QUOTE (ljk4-1 @ Nov 7 2005, 09:30 AM)
Actually, should a large impact create a moon? My guess is that if Venus did get hit by something massive and powerful enough to practically flip it over, slow down its spin rate, and have it rotate in the opposite direction of most other major worlds, Venus was lucky enough to have survived intact, forget having a moon in the outcome.
Or maybe Venus was hit BY its own moon.
There are good sources on the Net for things being wildly speculated about here.
To pick just one: the angular momentum of a planet-moon system would remain the same after an impact as before. Such a collision couldn't make the system go backwards unless it was going backwards in the first place.
For the Moon to be created from a collision, it had to be a glancing blow. A straight-on punch would not liberate a lot of material.
A collision would be necessary if Venus's rotation was set in place as its formation concluded. But there are suggestions that tidal and thermal dynamics of its massive atmosphere may have "set" the rotation at the current rate. If so, the initial rotation is irrelevant/unknowable. In fact, the low inclination suggests that there is some sort of sun-driven factor: a collision that reordered Venus's rotation radically would be unlikely to leave the axis so nearly perpendicular to its orbit -- although that kind of coincidence is not impossible.

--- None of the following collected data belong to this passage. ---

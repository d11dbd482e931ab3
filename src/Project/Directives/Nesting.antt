-- ===== src/Project/Directives/Nesting.antt =====
-- execute of directive_executor.cpp on nested blocks.
use server_engine_v.Common.{
  ℕ, suc, ◌+◌, ◌≤◌, ◌<◌, ◌≡◌, ◌⊎◌, refl, sym, ap, ◌∙◌, subst, arith, Bool, true, false, List, ◌∷◌,
  some, none, ◌==◌, if◌then◌else◌, length, Bool-cases, Option-cases, inl, inr,
}
use server_engine_v.Text.{Text}
use server_engine_v.Status.{success, succeeded}
use server_engine_v.Project.Directives.{
  DirectiveKind, PreprocessingDirective, Outcome, ConditionalFrame, DirectiveExecutor, range_view,
  returns, fail, malformed_operand, active, top_active, directive_conditional_depth_limit,
}
use server_engine_v.Project.Directives.Execution.{
  begin_conditional, begin_active, execute_active, execute, new_frame, push, holds,
}
use server_engine_v.Project.Directives.Stack.{execute_active-SameStack}
use server_engine_v.Project.Directives.Blocks.{
  plain_kind, open_kind, Block, nothing, plain, choose, as_kind, flatten, height, IsOf, run_list,
  chosen, eval,
}
use server_engine_v.Project.Directives.Evaluation.{eval-SameStack, chosen-SameStack}
use server_engine_v.Project.Directives.Skipping.{
  IsAt, with_stack-IsAt, plain_on, open-begin, run_step,
}
use server_engine_v.Project.Directives.Meaning.{
  Carries, then-Carries, SameStack-IsAt, SameStack-active, first-Carries, second-Carries,
}

-- A malformed name fails, with and without the stack.
begin_malformed :
    (e : DirectiveExecutor) (source : Text) (inverted : Bool) (d : PreprocessingDirective)
    → length e.conditionals < directive_conditional_depth_limit
    → active e ≡ true
    → range_view source d.name ≡ none
    → begin_conditional e d source inverted ≡ (e, fail malformed_operand d.file d.name)
unfolding begin_conditional begin_active
begin_malformed e source inverted d room on malformed =
    let space : (length e.conditionals == directive_conditional_depth_limit) ≡ false =
      ground arith in
    rw (space, on, malformed) refl

begin_named :
    (e : DirectiveExecutor) (source : Text) (inverted : Bool) (d : PreprocessingDirective)
    (spelling : Text)
    → length e.conditionals < directive_conditional_depth_limit
    → active e ≡ true
    → range_view source d.name ≡ some spelling
    → begin_conditional e d source inverted
      ≡ (push e (new_frame d true (holds e spelling inverted)), returns success)
unfolding begin_conditional begin_active
begin_named e source inverted d spelling room on named =
    let space : (length e.conditionals == directive_conditional_depth_limit) ≡ false =
      ground arith in
    rw (space, on, named) refl

run_fail :
    (source : Text) (d : PreprocessingDirective) (ds : List PreprocessingDirective)
    (e : DirectiveExecutor) (r : DirectiveExecutor × Outcome)
    → execute e d source ≡ r
    → succeeded r.1.status ≡ false
    → run_list source (d ∷ ds) e ≡ (r.0, false)
unfolding run_list
run_fail source d ds e r h bad = rw (h, bad) refl

run_on :
    (source : Text) (d : PreprocessingDirective) (ds : List PreprocessingDirective)
    (e : DirectiveExecutor) (r : DirectiveExecutor × Outcome)
    → execute e d source ≡ r
    → succeeded r.1.status ≡ true
    → run_list source (d ∷ ds) e ≡ run_list source ds r.0
unfolding run_list
run_on source d ds e r h good = rw (h, good) refl

fail-Carries :
    (source : Text) (d : PreprocessingDirective) (ds after : List PreprocessingDirective)
    (e : DirectiveExecutor) (r : DirectiveExecutor × Outcome)
    → execute e d source ≡ r
    → succeeded r.1.status ≡ false
    → Carries source after (r.0, false) (run_list source (d ∷ ds) e)
unfolding Carries
fail-Carries source d ds after e r h bad =
    let stops = run_fail source d ds e r h bad in
    (
      (λ t. absurd (let z : false ≡ true = t in cc)),
      (λ t. (ap (λ x. x.1) stops, ap (λ x. x.0.strings) stops, ap (λ x. x.0.bindings) stops)),
    )

plain-Carries :
    (source : Text) (d : PreprocessingDirective) (ds : List PreprocessingDirective)
    (e : DirectiveExecutor) (r : DirectiveExecutor × Outcome)
    → execute e d source ≡ r
    → Carries source ds (r.0, succeeded r.1.status) (run_list source (d ∷ ds) e)
unfolding Carries
plain-Carries source d ds e r h = (
  (λ good. run_on source d ds e r h good),
  (λ bad.
      let stops = run_fail source d ds e r h bad in
      (ap (λ x. x.1) stops, ap (λ x. x.0.strings) stops, ap (λ x. x.0.bindings) stops)),
)

module _ {file floor : ℕ} (e : DirectiveExecutor) (at : IsAt file floor e) (source : Text)
    (on : active e ≡ true) (inverted : Bool) (opening middle closing : PreprocessingDirective)
    (of_opening : opening.file ≡ file) (of_middle : middle.file ≡ file)
    (of_closing : closing.file ≡ file) (first second rest : Block) (of_first : IsOf file first)
    (of_second : IsOf file second) (after : List PreprocessingDirective)
    (low_first : suc (length e.conditionals) + height first ≤ directive_conditional_depth_limit)
    (low_second : suc (length e.conditionals) + height second
      ≤ directive_conditional_depth_limit) where
  abbrev opens : PreprocessingDirective
  opens = as_kind (open_kind inverted) opening

  abbrev closes : List PreprocessingDirective
  closes = as_kind DirectiveKind.endif closing ∷ flatten rest after

  abbrev goes_on : List PreprocessingDirective
  goes_on = as_kind DirectiveKind.else_branch middle ∷ flatten second closes

  abbrev Runs : Block → List PreprocessingDirective → Type 0
  Runs block ds =
      (frame : ConditionalFrame)
      → frame.branch_active ≡ true
      → Carries source ds (eval source block (push e frame))
          (run_list source (flatten block ds) (push e frame))

  named-Carries :
      (spelling : Text)
      → range_view source opening.name ≡ some spelling
      → Runs first goes_on
      → Runs second closes
      → Carries source
          (flatten rest after)
          (if holds e spelling inverted then eval source first e else eval source second e)
          (run_list source (opens ∷ flatten first goes_on) e)
  named-Carries spelling named run_first run_second =
      let frame : Bool → ConditionalFrame = λ b. new_frame opens true b in
      let other = record (frame false) { else_seen = true; branch_active = true } in
      let opened : (b : Bool)
          → holds e spelling inverted ≡ b
          → run_list source (opens ∷ flatten first goes_on) e
            ≡ run_list source (flatten first goes_on) (push e (frame b)) =
        λ b is. run_step source opens (flatten first goes_on) e (push e (frame b)) (
          open-begin e at source inverted opening of_opening
          ∙ begin_named e source inverted opens spelling (omega arith) on named
          ∙ ap (λ c. (push e (frame c), returns success)) is) in
      elim (Bool-cases (holds e spelling inverted)) [
        | inl yes_branch ↦ rw yes_branch (
            subst (Carries source (flatten rest after) (eval source first e))
              (sym (opened true yes_branch))
              (first-Carries e at source (frame true) of_opening refl middle closing of_middle
                of_closing first second rest of_first of_second after low_first low_second refl refl
                (run_first (frame true) refl)))
        | inr no_branch ↦ rw no_branch (
            subst (Carries source (flatten rest after) (eval source second e))
              (sym (opened false no_branch))
              (second-Carries e at source (frame false) of_opening refl middle closing of_middle
                of_closing first second rest of_first of_second after low_first low_second refl
                (run_second other refl)))
      ]

  choice-Carries :
      Runs first goes_on
      → Runs second closes
      → Carries source
          (flatten rest after)
          (chosen e inverted
            (range_view source opening.name)
            (eval source first e)
            (eval source second e))
          (run_list source (opens ∷ flatten first goes_on) e)
  unfolding chosen
  choice-Carries run_first run_second = elim (Option-cases (range_view source opening.name)) [
    | inl malformed ↦ rw malformed (
        fail-Carries source opens (flatten first goes_on) (flatten rest after) e
          (e, fail malformed_operand opening.file opening.name)
          (open-begin e at source inverted opening of_opening
            ∙ begin_malformed e source inverted opens (omega arith) on malformed)
          (unfold fail succeeded in refl))
    | inr (spelling, named) ↦ rw named (named-Carries spelling named run_first run_second)
  ]

-- Whatever the directives of a block, nested to any depth that the limit allows, they do what the block means.
block-Carries :
    (source : Text) (block : Block) (after : List PreprocessingDirective) {file floor : ℕ}
    (e : DirectiveExecutor)
    → IsAt file floor e
    → IsOf file block
    → length e.conditionals + height block ≤ directive_conditional_depth_limit
    → active e ≡ true
    → Carries source after (eval source block e) (run_list source (flatten block after) e)
unfolding flatten eval
block-Carries source nothing after e at of depth on =
    unfold Carries in ((λ t. refl), (λ t. absurd (let z : true ≡ false = t in cc)))
block-Carries source (plain kind d rest) after e at (of, more) depth on =
    let d' = as_kind (plain_kind kind) d in
    let one = execute_active (plain_kind kind) e d' source in
    let same = execute_active-SameStack (plain_kind kind) e d' source in
    then-Carries source rest after (one.0, succeeded one.1.status)
      (run_list source (d' ∷ flatten rest after) e)
      (plain-Carries source d' (flatten rest after) e one (plain_on e at source kind d of on))
      (λ good.
        block-Carries source rest after one.0 (SameStack-IsAt e one.0 at same) more
          (subst (λ l. length l + height rest ≤ directive_conditional_depth_limit) (sym same.0)
            depth)
          (SameStack-active e one.0 same on))
block-Carries source (choose inverted opening middle closing first second rest) after {file = file}
      {floor = floor} e at (o, m, c, f, s, r) depth on =
    let d' = as_kind (open_kind inverted) opening in
    let low = at.low in
    let up : floor ≤ suc (length e.conditionals) = omega arith in
    let one =
      chosen e inverted (range_view source opening.name) (eval source first e)
        (eval source second e) in
    let same =
      chosen-SameStack e inverted (range_view source opening.name) (eval source first e)
        (eval source second e) (eval-SameStack source first e) (eval-SameStack source second e) in
    then-Carries source rest after one _
      (choice-Carries e at source on inverted opening middle closing o m c first second rest f s
        after (omega arith) (omega arith)
        (λ frame on'.
          block-Carries source first _ (push e frame)
            (with_stack-IsAt e (frame ∷ e.conditionals) at up) f (omega arith)
            (unfold active top_active in on'))
        (λ frame on'.
          block-Carries source second _ (push e frame)
            (with_stack-IsAt e (frame ∷ e.conditionals) at up) s (omega arith)
            (unfold active top_active in on')))
      (λ good.
        block-Carries source rest after one.0 (SameStack-IsAt e one.0 at same) r
          (subst (λ l. length l + height rest ≤ directive_conditional_depth_limit) (sym same.0)
            (omega arith))
          (SameStack-active e one.0 same on))

-- In an active region, the directives of nested blocks of one file, in the order of the text, do what the blocks
-- mean, where the conditionals stay within the depth limit: either the blocks succeed and the directives that follow
-- go on from their result, or the blocks fail, execute fails, and the strings and the bindings are those of the blocks.
pub run_list-eval :
    (source : Text) (block : Block) (after : List PreprocessingDirective) {file floor : ℕ}
    (e : DirectiveExecutor)
    → IsAt file floor e
    → IsOf file block
    → length e.conditionals + height block ≤ directive_conditional_depth_limit
    → active e ≡ true
    → (((eval source block e).1 ≡ true)
        × (run_list source (flatten block after) e ≡ run_list source after (eval source block e).0))
      ⊎ (((eval source block e).1 ≡ false)
          × ((run_list source (flatten block after) e).1 ≡ false)
          × ((run_list source (flatten block after) e).0.strings ≡ (eval source block e).0.strings)
          × ((run_list source (flatten block after) e).0.bindings
              ≡ (eval source block e).0.bindings))
unfolding Carries
run_list-eval source block after e at of depth on =
    let carried = block-Carries source block after e at of depth on in
    elim (Bool-cases (eval source block e).1) [
      | inl good ↦ inl (good, carried.0 good)
      | inr bad ↦ let failed = carried.1 bad in inr (bad, failed.0, failed.1, failed.2)
    ]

The rotation is only one oddity, not two or more. Given that the rotation is so slow, the reversal is not so odd -- the difference between rotating slowly E-W or slowly W-E is not nearly so big a difference as the slow rotation in the first place. Consider that a point on Venus's equator is rotating at about the speed of a fast *walk*!!! If it were moving the other direction, but just as slowly, that would only be a difference of a few km/h.
Also, the relative relationship between the day and year of Venus is not an "extra" oddity. Given the slow rotation, that follows as a logical consequence.
There is a second mystery regarding Venus's rotation, however, and that is why it is [almost] synchronized so as to show [almost] the same face towards the Earth at every conjunction. Mathematically, it would seem impossible for the tidal attraction to make this happen... but if this is a coincidence, it is a remarkable one.